Wonder how much the domane disc frameset will cost...


----------



## r1lee (Jul 22, 2012)

Neb said:


> Wonder how much the domane disc frameset will cost...


Buy the Boone 9 disc.

That was on my radar at the end of the season.


----------



## bradkay (Nov 5, 2013)

Personally, I think that Trek dropped the ball on the Domane Disc. From what I have heard it will handle some 28mm tires, but only the smaller volume ones. So really all it is is a disc brake equipped version of what they already have. The 4.0 will have a Sora group and use cable actuated TRP hydraulic brakes. The 6 series one will be Dura Ace DI2 and sell for @ $7500....


The Silque is a much more intriguing design, IMO. I have asked for information on what weight ranges each size is designed for, since each size is optimized for lighter riders than the Domnane. I can only assume that a 5' 6" 180lb rider will not be the target buyer, but will one handle a 5' 7" 150lb rider?


----------



## Neb (Sep 8, 2012)

r1lee said:


> Buy the Boone 9 disc.
> 
> That was on my radar at the end of the season.

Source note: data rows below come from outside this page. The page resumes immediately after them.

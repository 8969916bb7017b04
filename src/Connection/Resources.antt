-- ===== src/Connection/Resources.antt =====
-- The socket and the retry timer, as the machine's commands open, close, arm and clear them.
use bokkie.Prelude.{◌≡◌, Bool, true, false, List, [], ◌∷◌, arith}
use bokkie.Connection.Machine.{State, Input, Command, Connection}
use bokkie.Connection.Handle.{handle}

-- The states in which the transport holds a socket, and those in which a retry is pending.
abbrev pub has_socket : State → Bool
has_socket State.connecting = true
has_socket State.resuming = true
has_socket State.replaying = true
has_socket State.live = true
has_socket _ = false

abbrev pub has_timer : State → Bool
has_timer (State.backing_off _ _) = true
has_timer _ = false

-- What the transport's own report does: a socket that closed is gone, and so is a timer that fired.
abbrev pub socket_at : Input → Bool → Bool
socket_at (Input.closed _) open_now = false
socket_at _ open_now = open_now

abbrev pub timer_at : Input → Bool → Bool
timer_at Input.retry_due pending = false
timer_at _ pending = pending

-- The commands open a socket only where none is open and send only on an open one, and they leave
-- it as `after` says.
abbrev pub Socket : Bool → List Command → Bool → Type 0
Socket open_now [] after = open_now ≡ after
Socket open_now (Command.connect ∷ cs) after = (open_now ≡ false) × Socket true cs after
Socket open_now (Command.send _ ∷ cs) after = (open_now ≡ true) × Socket open_now cs after
Socket open_now (Command.close ∷ cs) after = Socket false cs after
Socket open_now (_ ∷ cs) after = Socket open_now cs after

-- The commands arm the retry timer only where none is pending.
abbrev pub Timer : Bool → List Command → Bool → Type 0
Timer pending [] after = pending ≡ after
Timer pending (Command.retry_after _ ∷ cs) after = (pending ≡ false) × Timer true cs after
Timer pending (Command.cancel_retry ∷ cs) after = Timer false cs after
Timer pending (_ ∷ cs) after = Timer pending cs after

-- Whatever the transport reports in whatever state, the machine never opens a second socket and
-- never sends without one, arms no second retry, and its state says exactly whether a socket is open
-- and whether a retry is pending after the commands are carried out.
pub handle-Resources :
    (c : Connection) (input : Input)
    → Socket
        (socket_at input (has_socket c.state))
        (handle c input).1
        (has_socket (handle c input).0.state)
      × Timer
          (timer_at input (has_timer c.state))
          (handle c input).1
          (has_timer (handle c input).0.state)
unfolding handle
handle-Resources c Input.start = ground arith
handle-Resources c _ = ground arith
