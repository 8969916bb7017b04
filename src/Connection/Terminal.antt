-- ===== src/Connection/Terminal.antt =====
-- The states that nothing reconnects from, and how the machine comes to them.
use bokkie.Prelude.{ℕ, ◌+◌, ◌≤◌, ◌≡◌, ◌⊎◌, some, List, [], ◌∷◌, arith, if◌then◌else◌}
use bokkie.Connection.Machine.{
  State, Input, Connection, close_protocol, unreadable_limit, same, new,
}
use bokkie.Connection.Handle.{handle, run}

-- The user signed out of the session, or the client is too old for the gateway.
handle-signed_out :
    (c : Connection) (input : Input)
    → c.state ≡ State.signed_out
    → ((handle c input).1 ≡ []) × ((handle c input).0.state ≡ State.signed_out)
unfolding handle
handle-signed_out c Input.start h = ground arith
handle-signed_out c _ h = ground arith

abbrev is_stop : Input → ℕ
is_stop Input.stop = 1
is_stop _ = 0

abbrev pub stops : List Input → ℕ
stops [] = 0
stops (i ∷ is) = is_stop i + stops is

handle-outdated :
    (c : Connection) (input : Input)
    → c.state ≡ State.outdated
    → is_stop input ≡ 0
    → ((handle c input).1 ≡ []) × ((handle c input).0.state ≡ State.outdated)
unfolding handle
handle-outdated c Input.start h s = ground arith
handle-outdated c _ h s = ground arith

-- A machine that is signed out asks for nothing more whatever it is told, and stays signed out.
pub run-signed_out :
    (c : Connection) (inputs : List Input)
    → c.state ≡ State.signed_out
    → ((run c inputs).1 ≡ []) × ((run c inputs).0.state ≡ State.signed_out)
unfolding run
run-signed_out c [] h = ground arith
run-signed_out c (i ∷ is) h =
    ground (arith, handle-signed_out c i h, run-signed_out (handle c i).0 is)

-- A machine that is outdated asks for nothing more and stays outdated, unless it is told to stop.
pub run-outdated :
    (c : Connection) (inputs : List Input)
    → c.state ≡ State.outdated
    → stops inputs ≡ 0
    → ((run c inputs).1 ≡ []) × ((run c inputs).0.state ≡ State.outdated)
unfolding run
run-outdated c [] h s = ground arith
run-outdated c (i ∷ is) h s = ground (arith, handle-outdated c i h, run-outdated (handle c i).0 is)

-- The messages that the client could not read, and the gateway's refusals of the client's own.
abbrev misreads : Input → ℕ
misreads Input.unreadable = 1
misreads _ = 0

abbrev refuses : Input → ℕ
refuses (Input.closed code) = if same code (some close_protocol) then 1 else 0
refuses _ = 0

abbrev pub unreadable_count : List Input → ℕ
unreadable_count [] = 0
unreadable_count (i ∷ is) = misreads i + unreadable_count is

abbrev pub refusal_count : List Input → ℕ
refusal_count [] = 0
refusal_count (i ∷ is) = refuses i + refusal_count is

-- What a machine that has seen so many of each can have come to.
record Earned (u r : ℕ) (c : Connection) : Type 0 where
  misread : c.unreadable ≤ u
  refused : c.refusals ≤ r
  outdated : c.state ≡ State.outdated → (3 ≤ u) ⊎ (3 ≤ r)

handle-Earned :
    (u r : ℕ) (c : Connection) (input : Input)
    → Earned u r c
    → Earned (u + misreads input) (r + refuses input) (handle c input).0
unfolding handle
handle-Earned u r c Input.start h = ground arith
handle-Earned u r c _ h = ground arith

run-Earned :
    (u r : ℕ) (c : Connection) (inputs : List Input)
    → Earned u r c
    → Earned (u + unreadable_count inputs) (r + refusal_count inputs) (run c inputs).0
unfolding run
run-Earned u r c [] h = ground arith
run-Earned u r c (i ∷ is) h =
    let rest =
      run-Earned (u + misreads i) (r + refuses i) (handle c i).0 is (handle-Earned u r c i h) in
    ground (arith, rest)

new-Earned : Earned 0 0 new
unfolding new
new-Earned = ground arith

-- A new machine that ends outdated was given at least `unreadable_limit` messages that it could not
-- read, or at least as many refusals of its own frames.
pub run-new_outdated :
    (inputs : List Input)
    → (run new inputs).0.state ≡ State.outdated
    → (unreadable_limit ≤ unreadable_count inputs) ⊎ (unreadable_limit ≤ refusal_count inputs)
run-new_outdated inputs h =
    let earned = run-Earned 0 0 new inputs new-Earned in ground (arith, earned.outdated h)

That was on my own radar as well, but I'm going with the Niner RLT9. If the Boone was going to be my "one" bike I'd do it, but as a rainy day bike/gravel bike that's frame is too expensive for that purpose  Maybe in the future I'll do a frame swap!



bradkay said:


> Personally, I think that Trek dropped the ball on the Domane Disc. From what I have heard it will handle some 28mm tires, but only the smaller volume ones. So really all it is is a disc brake equipped version of what they already have. The 4.0 will have a Sora group and use cable actuated TRP hydraulic brakes. The 6 series one will be Dura Ace DI2 and sell for @ $7500....
> 
> The Silque is a much more intriguing design, IMO. I have asked for information on what weight ranges each size is designed for, since each size is optimized for lighter riders than the Domane. I can only assume that a 5' 6" 180lb rider will not be the target buyer, but will one handle a 5' 7" 150lb rider?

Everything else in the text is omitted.